Cash Cows, Discounts, and Delays
Discounts above 10% damage both revenue per order and margin.
A retailer wanted to know whether their discount strategy was actually doing what they thought. The answer changed how they planned the next quarter's promotions.
The dataset was 34,500 retail transactions covering 7 categories with full revenue, discount, profit, returns, and delivery data.
On revenue, Electronics dominates: RM3.3M, nearly three times the next category (Home at RM1.1M). Sports, Fashion, Beauty, Toys, and Grocery follow at progressively smaller scale. Grocery is the smallest at RM82k, and the only category running at a loss (-RM9k profit).
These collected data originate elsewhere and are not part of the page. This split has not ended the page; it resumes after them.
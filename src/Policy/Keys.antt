-- ===== src/Policy/Keys.antt =====
-- The keys of the ordered sets tell their elements apart.
use serctl.Policy.Defs.{
  fs_list, fs_read, process_inspect, fs_write_new, transfer_read, transfer_write, process_run, user,
  uid, posix, windows, capability_key, Capability, run_as_key, flavor_rank, path_key, RunAs,
  PathFlavor, NormalizedPath,
}
use serctl.Common.{refl, [], ℕ, Bytes, if◌then◌else◌, ◌∷◌, ◌≡◌, ◌==◌, sym, arith, ◌∙◌, ap}

-- the capability at a place of the declaration
nth_capability : ℕ → Capability
nth_capability n =
    if n == 0
    then fs_list
    else if n == 1
    then fs_read
    else if n == 2
    then process_inspect
    else if n == 3
    then fs_write_new
    else if n == 4
    then transfer_read
    else if n == 5
    then transfer_write
    else process_run

first_byte : Bytes → ℕ
first_byte [] = 0
first_byte (b ∷ s) = b

nth-capability_key : (c : Capability) → nth_capability (first_byte (capability_key c)) ≡ c
unfolding nth_capability first_byte capability_key
nth-capability_key fs_list = refl
nth-capability_key fs_read = refl
nth-capability_key process_inspect = refl
nth-capability_key fs_write_new = refl
nth-capability_key transfer_read = refl
nth-capability_key transfer_write = refl
nth-capability_key process_run = refl

pub capability_key-injective : (a b : Capability) → capability_key a ≡ capability_key b → a ≡ b
capability_key-injective a b h =
    sym (nth-capability_key a)
    ∙ ap (λ (k : Bytes). nth_capability (first_byte k)) h
    ∙ nth-capability_key b

pub run_as_key-injective : (a b : RunAs) → run_as_key a ≡ run_as_key b → a ≡ b
unfolding run_as_key
run_as_key-injective (user a) (user b) h = cc
run_as_key-injective (user a) (uid b) h = ground arith
run_as_key-injective (uid a) (user b) h = ground arith
run_as_key-injective (uid a) (uid b) h = cc

flavor_rank-injective : (a b : PathFlavor) → flavor_rank a ≡ flavor_rank b → a ≡ b
unfolding flavor_rank
flavor_rank-injective posix posix h = refl
flavor_rank-injective posix windows h = ground arith
flavor_rank-injective windows posix h = ground arith
flavor_rank-injective windows windows h = refl

pub path_key-injective : (a b : NormalizedPath) → path_key a ≡ path_key b → a ≡ b
unfolding path_key
path_key-injective a b h = ground (arith, flavor_rank-injective a.flavor b.flavor)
On discounts, the pattern was telling. Discounting was spread evenly across categories at about 5% — not strategically applied where weak categories needed help. Strong categories like Electronics were discounted just as often as weak ones like Grocery.
The discount-vs-revenue relationship was the headline. Orders without discounts averaged RM178.9 revenue per order. As discounts rose, revenue per order dropped: RM163.9 at 0–10%, RM152.3 at 10–20%, RM132.5 at 20–30%. Margins followed the same pattern: 30.1% at full price down to 19.4% at the deepest discount.
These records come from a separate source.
-- ===== src/Policy/Ceiling.antt =====
-- What a compiled policy can allow, from the intent as it was sent.
use serctl.Policy.Defs.{
  process_inspect, process_run, green, yellow, red, BaseTemplate, PolicyIr, TypedIntent, EnvVar,
  IntentPath, NormalizedPath, text_key, intent_schema_version, schema_unsupported, Capability,
  PolicyDocument, capability_key, CompiledPolicy, run_as_key,
}
use serctl.Common.{
  refl, some, true, ok, inl, inr, [], ℕ, Bytes, List, ◌≡◌, all, arith, set_contains, All, not, ◌∷◌,
  ◌⊎◌, >>=-eq-ok, ap, set_insert, ensure, any, length, contains-set_insert, ◌==◌, bytes_eq_refl,
  Result-cases, Within, bytes_eq, Option, all-contains, Option-cases, sym, bytes_eq_iff, subst,
  none, Bool-cases, ◌≢◌,
}
use serctl.Policy.Evaluate.{
  validate_arguments, normalize_env_names, normalize_intent, is_path_allowed, validate_intent_shape,
  validate_intent_collections, Normalized, normalize_intent_path, has_no_process, normalize_program,
  has_intent_shape, saturating_add, validate_intent_identity, evaluate_intent, is_program_allowed,
}
use serctl.Policy.Names.{
  normalize_env_key, normalize_program_identifier, is_shell_command_flag,
  validate_program_invariant,
}
use serctl.Policy.Compile.{
  collect_results, is_within_ceiling, template_identity_ceiling, template_programs,
  template_env_keys, template_limits, template_capabilities, normalize_selected_program,
  compile_policy, Encoding, compile_ir, canonical_bytes,
}
use serctl.Policy.Permits.{FitsLimits, evaluate_intent_iff}
use serctl.Policy.Paths.{path_prefix_matches}
use serctl.Policy.Keys.{capability_key-injective, run_as_key-injective}
use serctl.Policy.Bounds.{IsWithinBase, compile_ir-IsWithinBase}

validate_arguments-plain :
    (n m : ℕ) (argv : List Bytes)
    → validate_arguments n argv ≡ ok m
    → all (λ a. not (is_shell_command_flag a)) argv ≡ true
unfolding validate_arguments
validate_arguments-plain n m [] h = refl
validate_arguments-plain n m (a ∷ argv) h =
    ground (arith, validate_arguments-plain (saturating_add n (length a)) m argv)

normalize_env_key-same : (key k : Bytes) → normalize_env_key key ≡ ok k → key ≡ k
unfolding normalize_env_key
normalize_env_key-same key k h = ground arith

normalize_env_names-grow :
    (env : List EnvVar) (names out : List Bytes) (k : Bytes)
    → normalize_env_names env names ≡ ok out
    → set_contains text_key k names ≡ true
    → set_contains text_key k out ≡ true
unfolding normalize_env_names
normalize_env_names-grow [] names out k h m = cc
normalize_env_names-grow (v ∷ env) names out k h m =
    let (key, e, rest) = >>=-eq-ok (normalize_env_key v.name) _ h in
    normalize_env_names-grow env (set_insert text_key key names) out k (ground arith)
      (ground (arith, contains-set_insert text_key k key names))

normalize_env_names-All :
    (env : List EnvVar) (names out : List Bytes)
    → normalize_env_names env names ≡ ok out
    → All (λ v. set_contains text_key v.name out ≡ true) env
unfolding normalize_env_names
normalize_env_names-All [] names out h = tt
normalize_env_names-All (v ∷ env) names out h =
    let (key, e, rest) = >>=-eq-ok (normalize_env_key v.name) _ h in
    let tail : normalize_env_names env (set_insert text_key key names) ≡ ok out = ground arith in
    (
      normalize_env_names-grow env (set_insert text_key key names) out v.name tail (
          ground (
            arith,
            contains-set_insert text_key v.name key names,
            bytes_eq_refl key,
            normalize_env_key-same v.name key e,
          )),
      normalize_env_names-All env (set_insert text_key key names) out tail,
    )

normalize_intent-fields :
    (i : TypedIntent) (found : Normalized)
    → normalize_intent i ≡ ok found
    → (normalize_program i.program ≡ ok found.program)
      × (normalize_env_names i.env [] ≡ ok found.env_names)
      × (collect_results normalize_intent_path i.paths ≡ ok found.paths)
      × (has_intent_shape i.capability i ≡ true)
      × (all (λ a. not (is_shell_command_flag a)) i.argv ≡ true)
unfolding normalize_intent validate_intent_shape validate_intent_collections
normalize_intent-fields i found h =
    let (u, e0, h0) =
      >>=-eq-ok (ensure (i.schema_version == intent_schema_version) schema_unsupported) _ h in
    let (v, e1, h1) = >>=-eq-ok (validate_intent_identity i.run_as) _ h0 in
    let (w, e2, h2) = >>=-eq-ok (validate_intent_collections i) _ h1 in
    let (p, e3, h3) = >>=-eq-ok (normalize_program i.program) _ h2 in
    let (n, e4, h4) = >>=-eq-ok (normalize_env_names i.env []) _ h3 in
    let (l, e5, h5) = >>=-eq-ok (collect_results normalize_intent_path i.paths) _ h4 in
    (
      ground arith,
      ground arith,
      ground arith,
      ground arith,
      elim (Result-cases (validate_arguments 0 i.argv)) [
        | inl (e, k) ↦ ground arith
        | inr (m, k) ↦ validate_arguments-plain 0 m i.argv k
      ],
    )

collect_results-nil :
    (l : List IntentPath) → collect_results normalize_intent_path l ≡ ok [] → l ≡ []
unfolding collect_results
collect_results-nil [] h = refl
collect_results-nil (p ∷ l) h =
    let (q, e, rest) = >>=-eq-ok (normalize_intent_path p) _ h in
    let (qs, e', rest') = >>=-eq-ok (collect_results normalize_intent_path l) _ rest in ground arith

no_path_allowed :
    (ir : PolicyIr) (paths : List NormalizedPath)
    → ir.allowed_paths ≡ []
    → all (is_path_allowed ir) paths ≡ true
    → paths ≡ []
unfolding is_path_allowed
no_path_allowed ir [] e h = refl
no_path_allowed ir (p ∷ paths) e h =
    ground
      (arith, ap (λ (l : List NormalizedPath). any (λ prefix. path_prefix_matches prefix p) l) e)

-- What a process intent runs: a program that normalizes to one of the template's, with
-- environment variables of the template's keys.
abbrev pub RunsTemplateProgram : BaseTemplate → TypedIntent → Type 0
RunsTemplateProgram base i =
    ((program : Bytes) × (name : Bytes) × (i.program ≡ some program)
      × (normalize_program_identifier program ≡ ok name)
      × (set_contains text_key name (template_programs base) ≡ true))
    × All (λ v. set_contains text_key v.name (template_env_keys base) ≡ true) i.env

-- An inspection that carries nothing else, or a fixed program under the red template.
abbrev pub IsTemplateAction : BaseTemplate → TypedIntent → Type 0
IsTemplateAction base i =
    ((i.capability ≡ process_inspect) × (has_no_process i ≡ true))
    ⊎ ((i.capability ≡ process_run) × (base ≡ red) × RunsTemplateProgram base i)

abbrev pub IsWithinCeiling : BaseTemplate → TypedIntent → Type 0
IsWithinCeiling base i =
    (i.paths ≡ [])
    × (is_within_ceiling (template_identity_ceiling base) i.run_as ≡ true)
    × FitsLimits (template_limits base) i
    × (all (λ a. not (is_shell_command_flag a)) i.argv ≡ true)
    × IsTemplateAction base i

is-first :
    (c d : Capability)
    → bytes_eq (capability_key d) (capability_key c) ≡ true
    → capability_key d ≡ capability_key c
is-first c d h = (bytes_eq_iff (capability_key d) (capability_key c)).0 h

-- The capabilities of the templates.
template_capability :
    (base : BaseTemplate) (c : Capability)
    → set_contains capability_key c (template_capabilities base) ≡ true
    → (c ≡ process_inspect) ⊎ ((c ≡ process_run) × (base ≡ red))
unfolding set_contains template_capabilities
template_capability green c h =
    inl
      (sym (capability_key-injective process_inspect c (is-first c process_inspect (ground arith))))
template_capability yellow c h =
    inl
      (sym (capability_key-injective process_inspect c (is-first c process_inspect (ground arith))))
template_capability red c h =
    elim (Bool-cases (bytes_eq (capability_key process_inspect) (capability_key c))) [
      | inl e ↦
          inl (sym (capability_key-injective process_inspect c (is-first c process_inspect e)))
      | inr e ↦ inr (
        sym (capability_key-injective process_run c (is-first c process_run (ground arith))),
        refl,
      )
    ]

inspect-shape :
    (i : TypedIntent) → has_intent_shape process_inspect i ≡ true → has_no_process i ≡ true
unfolding has_intent_shape
inspect-shape i h = ground arith

no-program : (i : TypedIntent) → i.program ≡ none → has_intent_shape process_run i ≢ true
unfolding has_intent_shape
no-program i e shape = ground arith

selected-program :
    (program name : Bytes)
    → normalize_selected_program program ≡ ok name
    → normalize_program_identifier program ≡ ok name
unfolding normalize_selected_program
selected-program program name h =
    let (n, e, rest) = >>=-eq-ok (normalize_program_identifier program) _ h in
    let (u, e', rest') = >>=-eq-ok (validate_program_invariant n) _ rest in cc

run-program :
    (i : TypedIntent) (found : Option Bytes)
    → has_intent_shape process_run i ≡ true
    → normalize_program i.program ≡ ok found
    → (program : Bytes) × (name : Bytes) × (i.program ≡ some program)
      × (found ≡ some name)
      × (normalize_program_identifier program ≡ ok name)
unfolding has_intent_shape normalize_program
run-program i found shape h = elim (Option-cases i.program) [
  | inl e ↦ absurd (no-program i e shape)
  | inr (program, e) ↦
      let k : normalize_program (some program) ≡ ok found =
        subst (λ o. normalize_program o ≡ ok found) e h in
      let (name, n, rest) = >>=-eq-ok (normalize_selected_program program) _ k in
      (program, name, e, ground arith, selected-program program name n)
]

member-Within :
    (names s t : List Bytes) (k : Bytes)
    → all (λ key. set_contains text_key key s) names ≡ true
    → Within text_key s t
    → set_contains text_key k names ≡ true
    → set_contains text_key k t ≡ true
member-Within names s t k h w m =
    w k (all-contains text_key (λ a b e. e) (λ key. set_contains text_key key s) names k h m)

All-Within :
    (env : List EnvVar) (names s t : List Bytes)
    → all (λ key. set_contains text_key key s) names ≡ true
    → Within text_key s t
    → All (λ v. set_contains text_key v.name names ≡ true) env
    → All (λ v. set_contains text_key v.name t ≡ true) env
All-Within [] names s t h w m = tt
All-Within (v ∷ env) names s t h w m =
    (member-Within names s t v.name h w m.0, All-Within env names s t h w m.1)

-- An intent that a compiled policy allows stays, whatever the document says, within the ceiling of
-- the document's base template. It has no path, an identity of the template's kind, and a deadline
-- and a budget within the template's limits, and no argument of it is a shell command flag. It is
-- an inspection without a program, arguments or environment, or, under the red template only, runs
-- a program whose normal form is one of the template's with environment keys of the template's.
pub evaluate-IsWithinCeiling :
    (E : Encoding) (document : PolicyDocument) (policy : CompiledPolicy) (i : TypedIntent)
    → compile_policy E document ≡ ok policy
    → evaluate_intent policy.ir i ≡ ok tt
    → IsWithinCeiling document.base i
unfolding compile_policy
evaluate-IsWithinCeiling E document policy i compiled permitted =
    let base = document.base in
    let (ir, e, more) = >>=-eq-ok (compile_ir document) _ compiled in
    let (json, e', more') = >>=-eq-ok (canonical_bytes E ir) _ more in
    let same : ir ≡ policy.ir = ground arith in
    let (caps, programs, keys, ids, limits, paths, none_uses) =
      subst (λ r. IsWithinBase base r) same (compile_ir-IsWithinBase document ir e) in
    let (found, n, (has_cap, has_id, fits, program_in, keys_in, paths_in)) =
      (evaluate_intent_iff policy.ir i).0 permitted in
    let (p, v, l, shape, plain) = normalize_intent-fields i found n in
    let no_paths : found.paths ≡ [] = no_path_allowed policy.ir found.paths paths paths_in in
    let env_in =
      All-Within i.env found.env_names policy.ir.process_env_keys (template_env_keys base) keys_in
        keys (normalize_env_names-All i.env [] found.env_names v) in
    let action : IsTemplateAction base i =
      elim (template_capability base i.capability (caps i.capability has_cap)) [
        | inl c ↦ inl (c, inspect-shape i (subst (λ k. has_intent_shape k i ≡ true) c shape))
        | inr (c, b) ↦
            let (program, name, e1, e2, e3) =
              run-program i found.program (subst (λ k. has_intent_shape k i ≡ true) c shape) p in
            let name_in = programs name (
              program-in policy.ir name
                (subst (λ k. is_program_allowed policy.ir k ≡ true) e2 program_in)) in
            inr (c, b, ((program, name, e1, e3, name_in), env_in))
      ] in
    (
      collect_results-nil i.paths (cc (l, no_paths)),
      all-contains run_as_key run_as_key-injective
          (is_within_ceiling (template_identity_ceiling base)) policy.ir.run_as i.run_as ids has_id,
      omega (arith, fits, limits),
      plain,
      action,
    )
  where
    program-in :
        (r : PolicyIr) (name : Bytes)
        → is_program_allowed r (some name) ≡ true
        → set_contains text_key name r.process_programs ≡ true
    program-in r name h = unfold is_program_allowed in h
Higher discounts didn't drive bigger orders. They drove smaller ones at thinner margins. The breakpoint was clear — anything past 10% discount damages both revenue per order and profit.
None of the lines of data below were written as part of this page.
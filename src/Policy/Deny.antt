-- ===== src/Policy/Deny.antt =====
-- Deny rules and narrower limits only take away.
use serctl.Common.{
  refl, none, some, true, ok, inl, inr, [], List, set_contains, Within, Bytes, Option, Bool, all,
  ◌++◌, ◌≡◌, ◌>>=◌, ◌∷◌, any, Result-cases, arith, subst, Bool-cases, ap, bytes_eq, bytes_eq_refl,
  bytes_eq_iff, sym, false, if◌then◌else◌, ◌∙◌,
}
use serctl.Policy.Defs.{
  process_run, PolicyIr, DenyRule, NormalizedPath, TypedIntent, capability_key, text_key,
  run_as_key, path_key, PolicyDocument, RunAs, Capability, CompiledPolicy, EffectiveLimits,
}
use serctl.Policy.Compile.{
  apply_deny_rules, Selection, apply_deny_rule, finish_ir, compile_policy, Encoding,
}
use serctl.Policy.Evaluate.{is_path_allowed, is_program_allowed, evaluate_intent}
use serctl.Policy.Permits.{evaluate_intent_iff, FitsLimits}
use serctl.Policy.Paths.{path_prefix_matches}
use serctl.Policy.Keys.{path_key-injective}
use serctl.Policy.Bounds.{IsNarrower, apply_deny_rules-IsNarrower}
use serctl.Policy.Steps.{
  finish_ir-fields, compile_ir-Compiles, finish_ir-process, compile_policy-ir,
}

-- The second policy gives nothing that the first does not.
abbrev pub NarrowsTo : PolicyIr → PolicyIr → Type 0
NarrowsTo p q =
    Within capability_key q.capabilities p.capabilities
    × Within run_as_key q.run_as p.run_as
    × (q.limits ≡ p.limits)
    × Within text_key q.process_programs p.process_programs
    × Within text_key q.process_env_keys p.process_env_keys
    × (q.allowed_paths ≡ p.allowed_paths)
    × Within path_key p.denied_paths q.denied_paths

apply_deny_rules-append :
    (rules extra : List DenyRule) (s : Selection)
    → apply_deny_rules (rules ++ extra) s ≡ (apply_deny_rules rules s >>= apply_deny_rules extra)
unfolding apply_deny_rules
apply_deny_rules-append [] extra s = refl
apply_deny_rules-append (rule ∷ rules) extra s = elim (Result-cases (apply_deny_rule rule s)) [
  | inl (e, k) ↦ rw k refl
  | inr (t, k) ↦ rw k (apply_deny_rules-append rules extra t)
]

all-Within :
    (names s t : List Bytes)
    → Within text_key s t
    → all (λ key. set_contains text_key key s) names ≡ true
    → all (λ key. set_contains text_key key t) names ≡ true
all-Within [] s t w h = refl
all-Within (k ∷ names) s t w h = ground (arith, w k, all-Within names s t w)

any-contains :
    (p : NormalizedPath → Bool) (a : NormalizedPath) (t : List NormalizedPath)
    → p a ≡ true
    → set_contains path_key a t ≡ true
    → any p t ≡ true
unfolding set_contains
any-contains p a [] e h = ground arith
any-contains p a (b ∷ t) e h = elim (Bool-cases (bytes_eq (path_key b) (path_key a))) [
  | inl k ↦
      let same = path_key-injective b a ((bytes_eq_iff (path_key b) (path_key a)).0 k) in
      let here : p b ≡ true = subst (λ c. p c ≡ true) (sym same) e in ground arith
  | inr k ↦ ground (arith, any-contains p a t e)
]

any-Within :
    (p : NormalizedPath → Bool) (s t : List NormalizedPath)
    → Within path_key s t
    → any p s ≡ true
    → any p t ≡ true
unfolding set_contains
any-Within p [] t w h = ground arith
any-Within p (a ∷ s) t w h = elim (Bool-cases (p a)) [
  | inl e ↦ any-contains p a t e (w a (ground (arith, bytes_eq_refl (path_key a))))
  | inr e ↦ any-Within p s t (λ b m. w b (ground arith)) (ground arith)
]

paths-Within :
    (p q : PolicyIr) (paths : List NormalizedPath)
    → NarrowsTo p q
    → all (is_path_allowed q) paths ≡ true
    → all (is_path_allowed p) paths ≡ true
unfolding is_path_allowed
paths-Within p q [] n h = refl
paths-Within p q (a ∷ paths) n h =
    let (caps, ids, limits, programs, keys, allowed, denied) = n in
    let same : any (λ prefix. path_prefix_matches prefix a) q.allowed_paths
        ≡ any (λ prefix. path_prefix_matches prefix a) p.allowed_paths =
      ap (λ (l : List NormalizedPath). any (λ prefix. path_prefix_matches prefix a) l) allowed in
    ground (
      arith,
      same,
      paths-Within p q paths n,
      any-Within (λ prefix. path_prefix_matches prefix a) p.denied_paths q.denied_paths denied,
    )

program-Within :
    (p q : PolicyIr) (program : Option Bytes)
    → Within text_key q.process_programs p.process_programs
    → is_program_allowed q program ≡ true
    → is_program_allowed p program ≡ true
unfolding is_program_allowed
program-Within p q none w h = refl
program-Within p q (some name) w h = w name h

-- What the narrower policy allows the wider one allows.
pub evaluate-NarrowsTo :
    (p q : PolicyIr) (i : TypedIntent)
    → NarrowsTo p q
    → evaluate_intent q i ≡ ok tt
    → evaluate_intent p i ≡ ok tt
evaluate-NarrowsTo p q i n h =
    let (caps, ids, limits, programs, keys, allowed, denied) = n in
    let (found, e, (has_cap, has_id, fits, program_in, keys_in, paths_in)) =
      (evaluate_intent_iff q i).0 h in
    (evaluate_intent_iff p i).1 (
      found,
      e,
      (
        caps i.capability has_cap,
        ids i.run_as has_id,
        subst (λ l. FitsLimits l i) limits fits,
        program-Within p q found.program programs program_in,
        all-Within found.env_names q.process_env_keys p.process_env_keys keys keys_in,
        paths-Within p q found.paths n paths_in,
      ),
    )

if-Within :
    (c d : Bool) (s t : List Bytes)
    → (d ≡ true → c ≡ true)
    → Within text_key t s
    → Within text_key (if d then t else []) (if c then s else [])
unfolding set_contains
if-Within true true s t w h k m = h k m
if-Within false true s t w h k m = cc (w refl)
if-Within c false s t w h k m = ground arith

more_rules-IsNarrower :
    (rules extra : List DenyRule) (first s t : Selection)
    → apply_deny_rules rules first ≡ ok s
    → apply_deny_rules (rules ++ extra) first ≡ ok t
    → IsNarrower s t
more_rules-IsNarrower rules extra first s t h k =
    let joined = apply_deny_rules-append rules extra first in
    let more : apply_deny_rules extra s ≡ ok t =
      subst (λ r. (r >>= apply_deny_rules extra) ≡ ok t) h (sym joined ∙ k) in
    apply_deny_rules-IsNarrower extra s t more

narrowed-sets :
    (u v a b : List Bytes) (c e : Bool)
    → Within text_key v u
    → a ≡ (if c then u else [])
    → b ≡ (if e then v else [])
    → (e ≡ true → c ≡ true)
    → Within text_key b a
narrowed-sets u v a b c e w ha hb i =
    subst (λ x. Within text_key x a) (sym hb)
      (subst (λ x. Within text_key (if e then v else []) x) (sym ha) (if-Within c e u v i w))

finish_ir-NarrowsTo :
    (d d' : PolicyDocument) (ids : List RunAs) (limits : EffectiveLimits) (keys : List Bytes)
    (s t : Selection) (p q : PolicyIr)
    → finish_ir d ids limits keys s ≡ ok p
    → finish_ir d' ids limits keys t ≡ ok q
    → IsNarrower s t
    → NarrowsTo p q
finish_ir-NarrowsTo d d' ids limits keys s t p q hp hq n =
    let (pc, pi, pl, pp, pk, pa, pd, pu) = finish_ir-fields d ids limits keys s p hp in
    let (qc, qi, ql, qp, qk, qa, qd, qu) = finish_ir-fields d' ids limits keys t q hq in
    let (p_programs, p_keys) = finish_ir-process d ids limits keys s p hp in
    let (q_programs, q_keys) = finish_ir-process d' ids limits keys t q hq in
    let (caps, programs, denied) = n in
    (
      λ a k. ground (
        arith,
        caps a,
        ap (λ (l : List Capability). set_contains capability_key a l) pc,
        ap (λ (l : List Capability). set_contains capability_key a l) qc,
      ),
      λ a k. cc (pi, qi, k),
      cc (pl, ql),
      narrowed-sets s.process_programs t.process_programs p.process_programs q.process_programs
          (set_contains capability_key process_run s.capabilities)
          (set_contains capability_key process_run t.capabilities) programs p_programs q_programs
          (caps process_run),
      narrowed-sets keys keys p.process_env_keys q.process_env_keys
          (set_contains capability_key process_run s.capabilities)
          (set_contains capability_key process_run t.capabilities) (λ a k. k) p_keys q_keys
          (caps process_run),
      cc (pa, qa),
      λ a k. ground (
        arith,
        denied a,
        ap (λ (l : List NormalizedPath). set_contains path_key a l) pd,
        ap (λ (l : List NormalizedPath). set_contains path_key a l) qd,
      ),
    )

-- More deny rules at the end of a document only take away. Where both documents compile, an intent
-- that the policy with more rules allows is allowed by the policy without them.
pub more_deny_rules-evaluate :
    (E : Encoding) (d : PolicyDocument) (extra : List DenyRule) (p q : CompiledPolicy)
    (i : TypedIntent)
    → compile_policy E d ≡ ok p
    → compile_policy E (record d { deny = d.deny ++ extra }) ≡ ok q
    → evaluate_intent q.ir i ≡ ok tt
    → evaluate_intent p.ir i ≡ ok tt
more_deny_rules-evaluate E d extra p q i hp hq permitted =
    let d' : PolicyDocument = record d { deny = d.deny ++ extra } in
    let (caps, ids, limits, programs, keys, s, (e1, e2, e3, e4, e5, e6, e7)) =
      compile_ir-Compiles d p.ir (compile_policy-ir E d p hp) in
    let (caps', ids', limits', programs', keys', t, (f1, f2, f3, f4, f5, f6, f7)) =
      compile_ir-Compiles d' q.ir (compile_policy-ir E d' q hq) in
    let first : Selection = record {
      capabilities = caps;
      process_programs = programs;
      denied_paths = [];
    } in
    let same_caps : caps' ≡ caps = cc (e1, f1) in
    let same_programs : programs' ≡ programs = cc (e4, f4) in
    let start : apply_deny_rules (d.deny ++ extra) first ≡ ok t =
      cc (same_caps, same_programs, f6) in
    let finished : finish_ir d' ids limits keys t ≡ ok q.ir = cc (e2, f2, e3, f3, e5, f5, f7) in
    evaluate-NarrowsTo p.ir q.ir i
      (finish_ir-NarrowsTo d d' ids limits keys s t p.ir q.ir e7 finished
        (more_rules-IsNarrower d.deny extra first s t e6 start))
      permitted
On returns and delays: Fashion and Electronics carry the highest return rates (8.3% and 7.3%) and the highest delivery delays. Since they're also the biggest revenue drivers, fixing logistics here matters more than fixing it for smaller categories.
The recommendation: limit discounts to 0–10%, reposition Grocery (or scale it down), prioritize Fashion and Electronics for logistics improvements.